Tahap 3. Laporan tersebut merupakan bentuk tanggung jawab yang mendalam dari sebuah esensi Melayani Sepenuh Hati bukan lagi tentang mempertahankan jumlah murid atau pendapatan BOS yang berkurang, apabila saran yang diambil dirujuk ke sekolah dengan fasilitas terapi yang lebih baik(karena ketidaksediaanya guru shadow maupun GPK di sekolah inklusif karena sesuatu hal), tapi lebih kepada apa yang terbaik yang dibutuhkan siswa tersebut. Maka di dalam laporan tersebut juga harus melampirkan beberapa saran yang mungkin akan berbeda antara satu anak dengan anak lainnya bergantung pada jenis ketunaannya, contoh saran  yang mungkin diberikan :
- Harus melakukan kontrol rutin sesuai saran dari terapis
- Disiplin dengan pantangan makanan yang disarankan oleh terapis
- Juga saran untuk mendapatkan pendidikan khusus di SLB dengan kesepakatan yang telah dibuat antara pihak sekolah dengan wali murid.

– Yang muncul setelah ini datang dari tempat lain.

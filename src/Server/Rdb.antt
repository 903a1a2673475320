-- ===== src/Server/Rdb.antt =====
-- app/RDB/empty_rdb.go. The clock and the heap in use are arguments.
use shitty_redis.Base.{
  ℕ, zero, suc, ◌-◌, ◌/◌, ◌%◌, ◌^◌, [], ◌∷◌, ◌++◌, ltb, if◌then◌else◌, length, ◌≡◌, refl,
}
use shitty_redis.Base.Go.{Bytes}

unfoldable pub aux_string : Bytes → Bytes → Bytes → Bytes
aux_string b key val =
    b ++ ((0xfa ∷ length key % 256 ∷ []) ++ (key ++ ((length val % 256 ∷ []) ++ val)))

unfoldable pub aux_int8 : Bytes → Bytes → ℕ → Bytes
aux_int8 b key val = b ++ ((0xfa ∷ length key % 256 ∷ []) ++ (key ++ (0xc0 ∷ val ∷ [])))

-- `AppendUint32` of `binary.LittleEndian`.
unfoldable pub le_bytes : ℕ → ℕ → Bytes
le_bytes zero v = []
le_bytes (suc n) v = (v % 256) ∷ le_bytes n (v / 256)

unfoldable pub aux_int32 : Bytes → Bytes → ℕ → Bytes
aux_int32 b key val =
    b ++ ((0xfa ∷ length key % 256 ∷ []) ++ (key ++ ((0xc2 ∷ []) ++ le_bytes 4 val)))

unfoldable pub used_mem : ℕ → ℕ
used_mem alloc = if ltb (2 ^ 32 - 1) alloc then 2 ^ 32 - 1 else alloc

unfoldable pub zeros : ℕ → Bytes
zeros zero = []
zeros (suc n) = 0 ∷ zeros n

abbrev magic : Bytes
magic = b'R' ∷ b'E' ∷ b'D' ∷ b'I' ∷ b'S' ∷ b'0' ∷ b'0' ∷ b'1' ∷ b'1' ∷ []

abbrev redis_ver : Bytes
redis_ver = b'r' ∷ b'e' ∷ b'd' ∷ b'i' ∷ b's' ∷ b'-' ∷ b'v' ∷ b'e' ∷ b'r' ∷ []

abbrev version : Bytes
version = b'7' ∷ b'.' ∷ b'2' ∷ b'.' ∷ b'0' ∷ []

abbrev redis_bits : Bytes
redis_bits = b'r' ∷ b'e' ∷ b'd' ∷ b'i' ∷ b's' ∷ b'-' ∷ b'b' ∷ b'i' ∷ b't' ∷ b's' ∷ []

abbrev ctime : Bytes
ctime = b'c' ∷ b't' ∷ b'i' ∷ b'm' ∷ b'e' ∷ []

abbrev used_mem_key : Bytes
used_mem_key = b'u' ∷ b's' ∷ b'e' ∷ b'd' ∷ b'-' ∷ b'm' ∷ b'e' ∷ b'm' ∷ []

abbrev aof_base : Bytes
aof_base = b'a' ∷ b'o' ∷ b'f' ∷ b'-' ∷ b'b' ∷ b'a' ∷ b's' ∷ b'e' ∷ []

unfoldable pub empty_rdb : ℕ → ℕ → Bytes
empty_rdb now alloc =
    let start = aux_int8 (aux_string magic redis_ver version) redis_bits 64 in
    let dated = aux_int32 start ctime (now % 2 ^ 32) in
    let sized = aux_int32 dated used_mem_key (used_mem alloc) in
    aux_int8 sized aof_base 0 ++ ((0xff ∷ []) ++ zeros 8)

-- `EmptyRDB` has the same length at every time and with every heap.
pub length-empty_rdb : (now alloc : ℕ) → length (empty_rdb now alloc) ≡ 88
unfolding empty_rdb aux_int8 aux_string aux_int32 le_bytes zeros
length-empty_rdb now alloc = refl
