-- ===== src/Devices/Sync.antt =====
-- The WireGuard peers: sync, applyPeer and peerMatches of internal/devices/devices.go, and
-- removeBlockedPeers of internal/devices/access.go. The interface of wg-embed is a parameter, and so
-- are the text forms of keys and networks. What fails there is only logged, so the operations give
-- the state that is left.
pub mod Peers
pub mod Stored
pub mod Rotation
use wg_access_server.Prelude.{
  ℕ, Bool, true, false, not, ◌&&◌, ◌||◌, Option, none, some, List, [], ◌∷◌, map, ◌==◌, list_eq,
  nat_eq, if◌then◌else◌, elem, keep, length, any,
}
use wg_access_server.Prelude.GoMap.{GoMap, get, put, values}
use wg_access_server.Prelude.Text.{Text, is_nil}
use wg_access_server.Storage.{Device, User, access_allowed, allowed_ips}
use wg_access_server.Storage.Memory.{Memory, list_devices}
use wg_access_server.Storage.Memory.Users.{list_users}

-- `wgtypes.Peer`, the fields that are read, as text.
pub record Peer : Type 0 where
  pub public_key : Text
  pub preshared_key : Text
  pub allowed_ips : List Text

-- `wgembed.WireGuardInterface`
pub record WireGuard : Type 1 where
  pub State : Type 0
  pub list_peers : State → Option (List Peer)
  pub add_peer : State → Text → Text → List Text → State
  pub remove_peer : State → Text → State

-- `wgtypes.ParseKey` and `net.ParseCIDR`, each with `String` of what it reads.
pub record KeyForms : Type 0 where
  pub zero_key : Text
  pub parse_key : Text → Option Text
  pub parse_cidr : Text → Option Text

unfoldable pub known_users : List User → GoMap Text User → GoMap Text User
known_users [] known = known
known_users (user ∷ users) known = known_users users (put known user.subject user)

abbrev pub complete_with : Device → Option User → Device
complete_with d none = d
complete_with d (some user) = record d {
  owner_name = if is_nil d.owner_name then user.name else d.owner_name;
  owner_email = if is_nil d.owner_email then user.email else d.owner_email;
}

abbrev pub is_incomplete : Device → Bool
is_incomplete d = is_nil d.owner_name || is_nil d.owner_email

unfoldable pub with_owner_names : Memory → List Device → List Device
unfolding known_users list_users
with_owner_names s devices =
    if any is_incomplete devices
    then (let known = known_users (list_users s) [] in
        map (λ (d : Device). if is_incomplete d then complete_with d (get known d.owner) else d)
          devices)
    else devices

unfoldable pub list_all_devices : Memory → List Device
unfolding list_devices with_owner_names
list_all_devices s = with_owner_names s (list_devices s [])

-- The keys of the devices that may connect.
unfoldable pub allowed_keys : List Device → ℕ → List Text
allowed_keys devices now =
    map (λ (d : Device). d.public_key) (keep (λ (d : Device). access_allowed d now) devices)

unfoldable pub preshared_key_of : KeyForms → Device → Text
preshared_key_of f d =
    if is_nil d.preshared_key
    then f.zero_key
    else elim (f.parse_key d.preshared_key) [ none ↦ [] | some key ↦ key ]

unfoldable pub all_carried : KeyForms → List Text → List Text → Bool
all_carried f allowed [] = true
all_carried f allowed (address ∷ stored) = elim (f.parse_cidr address) [
  | none ↦ false
  | some network ↦ elem network allowed && all_carried f allowed stored
]

unfoldable pub peer_matches : KeyForms → Peer → Device → Bool
unfolding preshared_key_of all_carried
peer_matches f peer d =
    peer.preshared_key == preshared_key_of f d
    && length peer.allowed_ips == length (allowed_ips d)
    && all_carried f peer.allowed_ips (allowed_ips d)

module _ (wg : WireGuard) where
  -- The peers of devices that are gone or may not connect are removed.
  unfoldable pub remove_stale : List Text → List Peer → wg.State → wg.State
  remove_stale allowed [] st = st
  remove_stale allowed (peer ∷ peers) st =
      remove_stale allowed peers
        (if elem peer.public_key allowed then st else wg.remove_peer st peer.public_key)

  unfoldable pub configured : List Peer → GoMap Text Peer → GoMap Text Peer
  configured [] m = m
  configured (peer ∷ peers) m = configured peers (put m peer.public_key peer)

  abbrev pub is_configured : KeyForms → Option Peer → Device → Bool
  is_configured f none d = false
  is_configured f (some peer) d = peer_matches f peer d

  abbrev pub add : wg.State → Device → wg.State
  add st d = wg.add_peer st d.public_key d.preshared_key (allowed_ips d)

  unfoldable pub add_missing :
      KeyForms → List Text → GoMap Text Peer → List Device → wg.State → wg.State
  add_missing f allowed present [] st = st
  add_missing f allowed present (d ∷ devices) st = add_missing f allowed present devices (
      if not (elem d.public_key allowed) || is_configured f (get present d.public_key) d
      then st
      else add st d)

  -- `sync` up to the firewall; `false` where the peers cannot be listed.
  unfoldable pub sync_peers : KeyForms → Memory → ℕ → wg.State → wg.State × Bool
  unfolding list_all_devices allowed_keys remove_stale configured add_missing
  sync_peers f s now st =
      let devices = list_all_devices s in
      let allowed = allowed_keys devices now in
      elim (wg.list_peers st) [
        | none ↦ (st, false)
        | some peers ↦ (
          add_missing f allowed (configured peers []) devices (remove_stale allowed peers st),
          true,
        )
      ]

  unfoldable pub apply_peer : Device → ℕ → wg.State → wg.State
  apply_peer d now st = if access_allowed d now then add st d else wg.remove_peer st d.public_key

  -- The keys of the devices that may not connect.
  unfoldable pub blocked_keys : List Device → ℕ → List Text
  blocked_keys devices now =
      map (λ (d : Device). d.public_key) (keep (λ (d : Device). not (access_allowed d now)) devices)

  unfoldable pub remove_each : List Text → List Peer → wg.State → wg.State
  remove_each blocked [] st = st
  remove_each blocked (peer ∷ peers) st =
      remove_each blocked peers
        (if elem peer.public_key blocked then wg.remove_peer st peer.public_key else st)

  -- The peers are read only where there is a key to look for.
  abbrev pub remove_listed : List Text → Option (List Peer) → wg.State → wg.State
  remove_listed [] listed st = st
  remove_listed (key ∷ keys) none st = st
  remove_listed (key ∷ keys) (some peers) st = remove_each (key ∷ keys) peers st

  unfoldable pub remove_blocked_peers : Memory → ℕ → wg.State → wg.State
  unfolding list_all_devices blocked_keys remove_each
  remove_blocked_peers s now st =
      remove_listed (blocked_keys (list_all_devices s) now) (wg.list_peers st) st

Kesimpulannya Mengapa  Servant Leadership penting di sekolah inklusif karena kepemimpinan servant dalam bidang pendidikan di sekolah inklusif harus bisa menjalankan tugas keutamaan sebagai pemimpin dan pelayan, artinya kepemimpinan dalam pendidikan perlu kesadaran, ikhlas, hati -- hati dalam menentukan prioritas kebutuhan siswa yang dilayani.
Jondar, A. (2021). Implikasi Kepemimpinan Servant Dalam Bidang Pendidikan. Jurnal Penelitian Administrasi Publik, 1(1).